# [Excerpts from a dataset]
= = =

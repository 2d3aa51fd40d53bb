-- ===== src/CandidGenerator/Generate.antt =====
-- generate_types, q_function and generate: the code of a whole client. What the candid_parser crate
-- finds out about a program is a parameter; the file is written by prettyplease from the tokens.
pub mod Printable
pub mod Total
pub mod Served
pub mod Safe
pub mod Faults
use metamagic.Prelude.{
  ℕ, zero, suc, String, ◌<>◌, ◌≡◌, Bool, true, false, List, [], ◌∷◌, ◌++◌, map, Option, none, some,
  Outcome, ok, err, panic, ◌>>=◌, or_panic, ◌==◌, ◌||◌, string_eq, if◌then◌else◌,
}
use metamagic.Prelude.Decimal.{decimal}
use metamagic.Prelude.HashMap.{lookup}
use metamagic.CandidGenerator.{
  Label, Ty, Fields, Types, Methods, prim, var, opt, vec, record_, variant, func, service, class,
  knot, unknown, future, no_fields, field, no_types, a_type, Candid,
}
use metamagic.CandidGenerator.Nominalize.{TypeEnv, is_tuple, nominalize_all}
use metamagic.CandidGenerator.Ident.{piece, literal, TokenStream, q_ident}
use metamagic.CandidGenerator.Printer.{contains, separated, q_ty, q_record_fields, q_variant_field}

abbrev pub derive : String
derive =
    "#[derive(Debug, Clone, PartialEq, Eq, candid::CandidType, serde::Deserialize, serde::Serialize, deepsize::DeepSizeOf)]"

module _ (candid : Candid) where
  unfoldable pub is_result : Fields → Bool
  is_result no_fields = false
  is_result (field l t fs) =
      (candid.label_to_string l == "Ok" || candid.label_to_string l == "Err") || is_result fs

  unfoldable pub q_field_types : Fields → Outcome String (List TokenStream)
  q_field_types no_fields = ok []
  q_field_types (field l t fs) = do ret ← q_ty candid [] t; rets ← q_field_types fs; ok (ret ∷ rets)

  -- `#(#fields,)*`
  unfoldable pub q_variant_fields : List String → Fields → Outcome String TokenStream
  q_variant_fields recs no_fields = ok []
  q_variant_fields recs (field l t fs) = do
    first ← q_variant_field candid recs l t
    rest ← q_variant_fields recs fs
    ok (first ++ piece "," ∷ rest)

  -- A type that is neither a record nor a variant.
  unfoldable pub q_alias : List String → String → Ty → Outcome String TokenStream
  q_alias recs id ty = do
    let name = (q_ident candid id).0
    type_ ← q_ty candid recs ty
    ok (
        if contains recs id
        then piece derive
          ∷ piece "pub struct "
          ∷ piece name
          ∷ piece "(pub "
          ∷ (type_ ++ piece ");" ∷ [])
        else piece "type " ∷ piece name ∷ piece "=" ∷ (type_ ++ piece ";" ∷ []))

  -- The definition of one type.
  unfoldable pub q_definition : List String → String → Ty → Outcome String TokenStream
  q_definition recs id (record_ fs) = do
    let name = (q_ident candid id).0
    fields ← q_record_fields candid recs fs true
    let separator : TokenStream = if is_tuple candid.get_id fs then piece ";" ∷ [] else []
    ok (piece derive ∷ piece "pub struct " ∷ piece name ∷ (fields ++ separator))
  q_definition recs id (variant fs) =
      let name = (q_ident candid id).0 in
      if is_result fs
      then (do
        rets ← q_field_types fs
        ok (
            piece "pub type "
            ∷ piece name
            ∷ piece "= std::result::Result<"
            ∷ (separated rets ++ piece ">;" ∷ [])))
      else do
        fields ← q_variant_fields recs fs
        ok (piece derive ∷ piece "pub enum " ∷ piece name ∷ piece "{" ∷ (fields ++ piece "}" ∷ []))
  q_definition recs id ty = q_alias recs id ty

  -- A name that is not in the environment panics.
  unfoldable pub generate_types : TypeEnv → List String → List String → Outcome String TokenStream
  generate_types env [] recs = ok []
  generate_types env (id ∷ def_list) recs = do
    ty ← or_panic (lookup id env)
    tokens ← q_definition recs id ty
    ret ← generate_types env def_list recs
    ok (tokens ++ ret)

  unfoldable pub q_types : Types → Outcome String (List TokenStream)
  q_types no_types = ok []
  q_types (a_type t ts) = do first ← q_ty candid [] t; rest ← q_types ts; ok (first ∷ rest)

  -- `arg0`, `arg1`, … for as many arguments as there are
  abbrev pub arg_names : ℕ → List TokenStream → List String
  arg_names i [] = []
  arg_names i (t ∷ ts) = ("arg" <> decimal i) ∷ arg_names (suc i) ts

  abbrev pub typed_args : ℕ → List TokenStream → List TokenStream
  typed_args i [] = []
  typed_args i (t ∷ ts) = (piece ("arg" <> decimal i) ∷ piece ":" ∷ t) ∷ typed_args (suc i) ts

  unfoldable pub q_function : String → Bool → Types → Types → Outcome String TokenStream
  q_function id query func_args func_rets = do
    let name = (q_ident candid id).0
    args ← q_types func_args
    rets ← q_types func_rets
    let agent : TokenStream = piece "agent: &dscvr_canister_agent::CanisterAgent" ∷ []
    let call : TokenStream =
        piece (if query then "agent.query(" else "agent.update(")
        ∷ literal id
        ∷ piece ", args).await?.as_slice()"
        ∷ []
    ok (
        piece "#[tracing::instrument(skip_all)] pub async fn "
        ∷ piece name
        ∷ piece "("
        ∷ (separated (agent ∷ typed_args 0 args)
            ++ piece ") -> instrumented_error::Result<("
              ∷ (separated rets
                  ++ piece ")> { let args = candid::Encode!("
                    ∷ (separated (map (λ arg. piece "&" ∷ piece arg ∷ []) (arg_names 0 args))
                        ++ piece ")?; Ok(candid::Decode!("
                          ∷ (separated (call ∷ rets) ++ piece ")?) }" ∷ [])))))

-- `chase_actor`, `infer_rec`, `as_service` and `as_func`: the names that an actor needs, those that
-- are recursive, the methods of a service, and the function that a method's type stands for.
pub record Analysis : Type 0 where
  pub chase_actor : TypeEnv → Ty → Outcome String (List String)
  pub infer_rec : TypeEnv → List String → Outcome String (List String)
  pub as_service : TypeEnv → Ty → Outcome String (List (String × Ty))
  pub as_func : TypeEnv → Ty → Option (Bool × (Types × Types))

abbrev pub keys : TypeEnv → List String
keys env = map (λ d. d.0) env

module _ (candid : Candid) (analysis : Analysis) where
  unfoldable pub q_functions : TypeEnv → List (String × Ty) → Outcome String TokenStream
  q_functions env [] = ok []
  q_functions env ((id, func_type) ∷ serv) = do
    (query, (args, rets)) ← or_panic (analysis.as_func env func_type)
    tokens ← q_function candid id query args rets
    rest ← q_functions env serv
    ok (tokens ++ rest)

  -- The definitions that are written: those that the actor needs, or all.
  unfoldable pub definitions_of : TypeEnv → Option Ty → Outcome String (List String)
  definitions_of env none = ok (keys env)
  definitions_of env (some actor) = analysis.chase_actor env actor

  unfoldable pub service_of : TypeEnv → Option Ty → Outcome String (List (String × Ty))
  service_of env none = ok []
  service_of env (some actor) = analysis.as_service env actor

  -- `generate`, from the types and the actor of a checked file to the tokens of the client.
  unfoldable pub generate : TypeEnv → Option Ty → Outcome String TokenStream
  generate types actor = do
    let nominalized = nominalize_all candid types actor
    def_list ← definitions_of nominalized.0 nominalized.1
    recs ← analysis.infer_rec nominalized.0 def_list
    tokens ← generate_types candid nominalized.0 def_list recs
    serv ← service_of nominalized.0 nominalized.1
    functions ← q_functions nominalized.0 serv
    ok (tokens ++ functions)
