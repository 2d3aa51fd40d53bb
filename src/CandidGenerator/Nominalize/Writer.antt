-- ===== src/CandidGenerator/Nominalize/Writer.antt =====
-- What nominalize gives, apart from how it is computed: it never reads the environment, so it gives
-- a type, and definitions that are added to the environment.
use metamagic.Prelude.{
  ℕ, suc, String, ◌<>◌, ◌≡◌, refl, ap, sym, ◌∙◌, Bool, true, false, [], ◌∷◌, ◌++◌, if◌then◌else◌,
  string_eq, append-nil,
}
use metamagic.Prelude.Decimal.{decimal}
use metamagic.Prelude.HashMap.{insert}
use metamagic.CandidGenerator.{
  Ty, Fields, Types, Methods, prim, var, opt, vec, record_, variant, func, service, class, knot,
  unknown, future, no_fields, field, no_types, a_type, no_methods, method, TypePath, Candid,
}
use metamagic.CandidGenerator.Nominalize.{
  TypeEnv, Nodes, path_to_var, stays_record, stays_variant, base, settle, nominalize,
  nominalize_fields, nominalize_types, nominalize_methods,
}

-- Entries that are inserted one after the other.
unfoldable pub extend : TypeEnv → TypeEnv → TypeEnv
extend [] env = env
extend ((v, t) ∷ defs) env = extend defs (insert v t env)

pub extend-append : (a b env : TypeEnv) → extend (a ++ b) env ≡ extend b (extend a env)
unfolding extend
extend-append [] b env = refl
extend-append ((v, t) ∷ a) b env = extend-append a b (insert v t env)

-- `ret0`, `arg1`, …
abbrev pub func_node : String → ℕ → TypePath
func_node prefix i = TypePath.func (prefix <> decimal i)

abbrev pub init_node : ℕ → TypePath
init_node _ = TypePath.init

module _ (candid : Candid) where
  unfoldable mutual
    pub nominal : Nodes → Ty → Ty
    nominal path (prim p) = prim p
    nominal path (var v) = var v
    nominal path (opt t) = opt (nominal (TypePath.opt ∷ path) t)
    nominal path (vec t) = vec (nominal (TypePath.opt ∷ path) t)
    nominal path (record_ fs) =
        let stays = stays_record candid path fs in
        if stays
        then record_ (nominal_fields TypePath.record_field (base candid stays path) fs)
        else var (path_to_var candid path)
    nominal path (variant fs) =
        let stays = stays_variant candid path in
        if stays
        then variant (nominal_fields TypePath.variant_field (base candid stays path) fs)
        else var (path_to_var candid path)
    nominal path (func query args rets) =
        func query (nominal_types (func_node "arg") 0 path args)
          (nominal_types (func_node "ret") 0 path rets)
    nominal path (service ms) = service (nominal_methods path ms)
    nominal path (class args t) = class (nominal_types init_node 0 path args) (nominal path t)
    nominal path knot = knot
    nominal path unknown = unknown
    nominal path future = future

    pub nominal_fields : (String → TypePath) → Nodes → Fields → Fields
    nominal_fields node path no_fields = no_fields
    nominal_fields node path (field l t fs) =
        field l (nominal (node (candid.label_to_string l) ∷ path) t) (nominal_fields node path fs)

    pub nominal_types : (ℕ → TypePath) → ℕ → Nodes → Types → Types
    nominal_types node i path no_types = no_types
    nominal_types node i path (a_type t ts) =
        a_type (nominal (node i ∷ path) t) (nominal_types node (suc i) path ts)

    pub nominal_methods : Nodes → Methods → Methods
    nominal_methods path no_methods = no_methods
    nominal_methods path (method m t ms) =
        method m (nominal (TypePath.id m ∷ path) t) (nominal_methods path ms)

  -- A definition of its own, unless the type stays.
  abbrev pub new_def : Bool → Nodes → Ty → TypeEnv
  new_def stays path t = if stays then [] else (path_to_var candid path, t) ∷ []

  -- The new definitions, in the order in which they are made.
  unfoldable mutual
    unfolding nominal

    pub new_defs : Nodes → Ty → TypeEnv
    new_defs path (prim p) = []
    new_defs path (var v) = []
    new_defs path (opt t) = new_defs (TypePath.opt ∷ path) t
    new_defs path (vec t) = new_defs (TypePath.opt ∷ path) t
    new_defs path (record_ fs) =
        let stays = stays_record candid path fs in
        let within = base candid stays path in
        new_defs_fields TypePath.record_field within fs
        ++ new_def stays path (record_ (nominal_fields TypePath.record_field within fs))
    new_defs path (variant fs) =
        let stays = stays_variant candid path in
        let within = base candid stays path in
        new_defs_fields TypePath.variant_field within fs
        ++ new_def stays path (variant (nominal_fields TypePath.variant_field within fs))
    new_defs path (func query args rets) =
        new_defs_types (func_node "arg") 0 path args ++ new_defs_types (func_node "ret") 0 path rets
    new_defs path (service ms) = new_defs_methods path ms
    new_defs path (class args t) = new_defs_types init_node 0 path args ++ new_defs path t
    new_defs path knot = []
    new_defs path unknown = []
    new_defs path future = []

    pub new_defs_fields : (String → TypePath) → Nodes → Fields → TypeEnv
    new_defs_fields node path no_fields = []
    new_defs_fields node path (field l t fs) =
        new_defs (node (candid.label_to_string l) ∷ path) t ++ new_defs_fields node path fs

    pub new_defs_types : (ℕ → TypePath) → ℕ → Nodes → Types → TypeEnv
    new_defs_types node i path no_types = []
    new_defs_types node i path (a_type t ts) =
        new_defs (node i ∷ path) t ++ new_defs_types node (suc i) path ts

    pub new_defs_methods : Nodes → Methods → TypeEnv
    new_defs_methods path no_methods = []
    new_defs_methods path (method m t ms) =
        new_defs (TypePath.id m ∷ path) t ++ new_defs_methods path ms

  settle-extend :
      (stays : Bool) (path : Nodes) (t : Ty) (defs env : TypeEnv)
      → settle candid stays path (t, extend defs env) ≡ (
        if stays then t else var (path_to_var candid path),
        extend (defs ++ new_def stays path t) env,
      )
  unfolding extend
  settle-extend true path t defs env = ap (λ d. (t, extend d env)) (sym (append-nil defs))
  settle-extend false path t defs env =
      ap (λ e. (var (path_to_var candid path), e))
        (sym (extend-append defs ((path_to_var candid path, t) ∷ []) env))

  -- Two steps that each add definitions add those of both.
  two_steps :
      {A B C : Type 0} (make : A → B → C) (first : A × TypeEnv) (second : TypeEnv → B × TypeEnv)
      (a : A) (b : B) (da db env : TypeEnv)
      → first ≡ (a, extend da env)
      → ((e : TypeEnv) → second e ≡ (b, extend db e))
      → ◌≡◌ {A = C × TypeEnv}
          (make first.0 (second first.1).0, (second first.1).1)
          (make a b, extend (da ++ db) env)
  two_steps make first second a b da db env e1 e2 =
      ap (λ (r : _ × TypeEnv). (make r.0 (second r.1).0, (second r.1).1)) e1
      ∙ ap (λ (r : _ × TypeEnv). (make a r.0, r.1)) (e2 (extend da env))
      ∙ ap (λ e. (make a b, e)) (sym (extend-append da db env))

  mutual
    unfolding nominalize nominal new_defs extend

    nominalize-Writer :
        (env : TypeEnv) (path : Nodes) (t : Ty)
        → nominalize candid env path t ≡ (nominal path t, extend (new_defs path t) env)
    nominalize-Writer env path (prim p) = refl
    nominalize-Writer env path (var v) = refl
    nominalize-Writer env path (opt t) =
        ap (λ (r : Ty × TypeEnv). (opt r.0, r.1)) (nominalize-Writer env (TypePath.opt ∷ path) t)
    nominalize-Writer env path (vec t) =
        ap (λ (r : Ty × TypeEnv). (vec r.0, r.1)) (nominalize-Writer env (TypePath.opt ∷ path) t)
    nominalize-Writer env path (record_ fs) =
        let stays = stays_record candid path fs in
        let within = base candid stays path in
        ap (λ (r : Fields × TypeEnv). settle candid stays path (record_ r.0, r.1))
          (nominalize_fields-Writer TypePath.record_field env within fs)
        ∙ settle-extend stays path (record_ (nominal_fields TypePath.record_field within fs))
            (new_defs_fields TypePath.record_field within fs) env
    nominalize-Writer env path (variant fs) =
        let stays = stays_variant candid path in
        let within = base candid stays path in
        ap (λ (r : Fields × TypeEnv). settle candid stays path (variant r.0, r.1))
          (nominalize_fields-Writer TypePath.variant_field env within fs)
        ∙ settle-extend stays path (variant (nominal_fields TypePath.variant_field within fs))
            (new_defs_fields TypePath.variant_field within fs) env
    nominalize-Writer env path (func query args rets) =
        two_steps (func query) _ _ _ _ (new_defs_types (func_node "arg") 0 path args)
          (new_defs_types (func_node "ret") 0 path rets) env
          (nominalize_types-Writer (func_node "arg") 0 env path args)
          (λ e. nominalize_types-Writer (func_node "ret") 0 e path rets)
    nominalize-Writer env path (service ms) =
        ap (λ (r : Methods × TypeEnv). (service r.0, r.1)) (nominalize_methods-Writer env path ms)
    nominalize-Writer env path (class args t) =
        two_steps class _ _ _ _ (new_defs_types init_node 0 path args) (new_defs path t) env
          (nominalize_types-Writer init_node 0 env path args) (λ e. nominalize-Writer e path t)
    nominalize-Writer env path knot = refl
    nominalize-Writer env path unknown = refl
    nominalize-Writer env path future = refl

    nominalize_fields-Writer :
        (node : String → TypePath) (env : TypeEnv) (path : Nodes) (fs : Fields)
        → nominalize_fields candid node env path fs
          ≡ (nominal_fields node path fs, extend (new_defs_fields node path fs) env)
    nominalize_fields-Writer node env path no_fields = refl
    nominalize_fields-Writer node env path (field l t fs) =
        let path' = node (candid.label_to_string l) ∷ path in
        two_steps (field l) _ _ _ _ (new_defs path' t) (new_defs_fields node path fs) env
          (nominalize-Writer env path' t) (λ e. nominalize_fields-Writer node e path fs)

    nominalize_types-Writer :
        (node : ℕ → TypePath) (i : ℕ) (env : TypeEnv) (path : Nodes) (ts : Types)
        → nominalize_types candid node i env path ts
          ≡ (nominal_types node i path ts, extend (new_defs_types node i path ts) env)
    nominalize_types-Writer node i env path no_types = refl
    nominalize_types-Writer node i env path (a_type t ts) =
        two_steps a_type _ _ _ _ (new_defs (node i ∷ path) t) (new_defs_types node (suc i) path ts)
          env (nominalize-Writer env (node i ∷ path) t)
          (λ e. nominalize_types-Writer node (suc i) e path ts)

    nominalize_methods-Writer :
        (env : TypeEnv) (path : Nodes) (ms : Methods)
        → nominalize_methods candid env path ms
          ≡ (nominal_methods path ms, extend (new_defs_methods path ms) env)
    nominalize_methods-Writer env path no_methods = refl
    nominalize_methods-Writer env path (method m t ms) =
        let path' = TypePath.id m ∷ path in
        two_steps (method m) _ _ _ _ (new_defs path' t) (new_defs_methods path ms) env
          (nominalize-Writer env path' t) (λ e. nominalize_methods-Writer e path ms)

  -- Nominalization gives the type that `nominal` describes, and the environment with the
  -- definitions of `new_defs` inserted, whatever the environment was.
  pub nominalize_lem :
      (env : TypeEnv) (path : Nodes) (t : Ty)
      → nominalize candid env path t ≡ (nominal path t, extend (new_defs path t) env)
  nominalize_lem env path t = nominalize-Writer env path t
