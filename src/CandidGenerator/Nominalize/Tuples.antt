-- ===== src/CandidGenerator/Nominalize/Tuples.antt =====
-- A record that nominalization gave is a tuple, and stays in its place, if and only if the record
-- that it was given is one, and does.
use metamagic.Prelude.{ℕ, suc, String, ◌≡◌, refl, ap, [], ◌∷◌, string_eq, nat_eq, ◌&&◌, ◌==◌}
use metamagic.CandidGenerator.{Fields, no_fields, field, TypePath, Candid}
use metamagic.CandidGenerator.Nominalize.{Nodes, numbered, is_tuple, stays_record}
use metamagic.CandidGenerator.Nominalize.Writer.{nominal, nominal_fields}

module _ (candid : Candid) where
  numbered-nominal :
      (i : ℕ) (node : String → TypePath) (path : Nodes) (fs : Fields)
      → numbered candid.get_id i (nominal_fields candid node path fs) ≡ numbered candid.get_id i fs
  unfolding numbered nominal
  numbered-nominal i node path no_fields = refl
  numbered-nominal i node path (field l t fs) =
      ap (λ b. (candid.get_id l == i) && b) (numbered-nominal (suc i) node path fs)

  -- The labels stay, so a tuple stays a tuple.
  pub is_tuple-nominal :
      (node : String → TypePath) (path : Nodes) (fs : Fields)
      → is_tuple candid.get_id (nominal_fields candid node path fs) ≡ is_tuple candid.get_id fs
  unfolding is_tuple nominal numbered
  is_tuple-nominal node path no_fields = refl
  is_tuple-nominal node path (field l t fs) = numbered-nominal 0 node path (field l t fs)

  pub stays-nominal :
      (node : String → TypePath) (path' path : Nodes) (fs : Fields)
      → stays_record candid path (nominal_fields candid node path' fs) ≡ stays_record candid path fs
  unfolding stays_record
  stays-nominal node path' [] fs = refl
  stays-nominal node path' (TypePath.id v ∷ path) fs = refl
  stays-nominal node path' (TypePath.variant_field f ∷ path) fs = refl
  stays-nominal node path' (TypePath.record_field f ∷ path) fs = is_tuple-nominal node path' fs
  stays-nominal node path' (TypePath.opt ∷ path) fs = is_tuple-nominal node path' fs
  stays-nominal node path' (TypePath.vec ∷ path) fs = is_tuple-nominal node path' fs
  stays-nominal node path' (TypePath.func f ∷ path) fs = is_tuple-nominal node path' fs
  stays-nominal node path' (TypePath.init ∷ path) fs = is_tuple-nominal node path' fs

= = =

# [PROBLEM TO WORK ON]
Every line above that has the string "Prelude" needs to be copied.

# [EXERCISE RESULT]
use metamagic.Prelude.{
use metamagic.Prelude.Decimal.{decimal}
use metamagic.Prelude.HashMap.{lookup}
use metamagic.Prelude.{
use metamagic.Prelude.Decimal.{decimal}
use metamagic.Prelude.HashMap.{insert}
use metamagic.Prelude.{ℕ, suc, String, ◌≡◌, refl, ap, [], ◌∷◌, string_eq, nat_eq, ◌&&◌, ◌==◌}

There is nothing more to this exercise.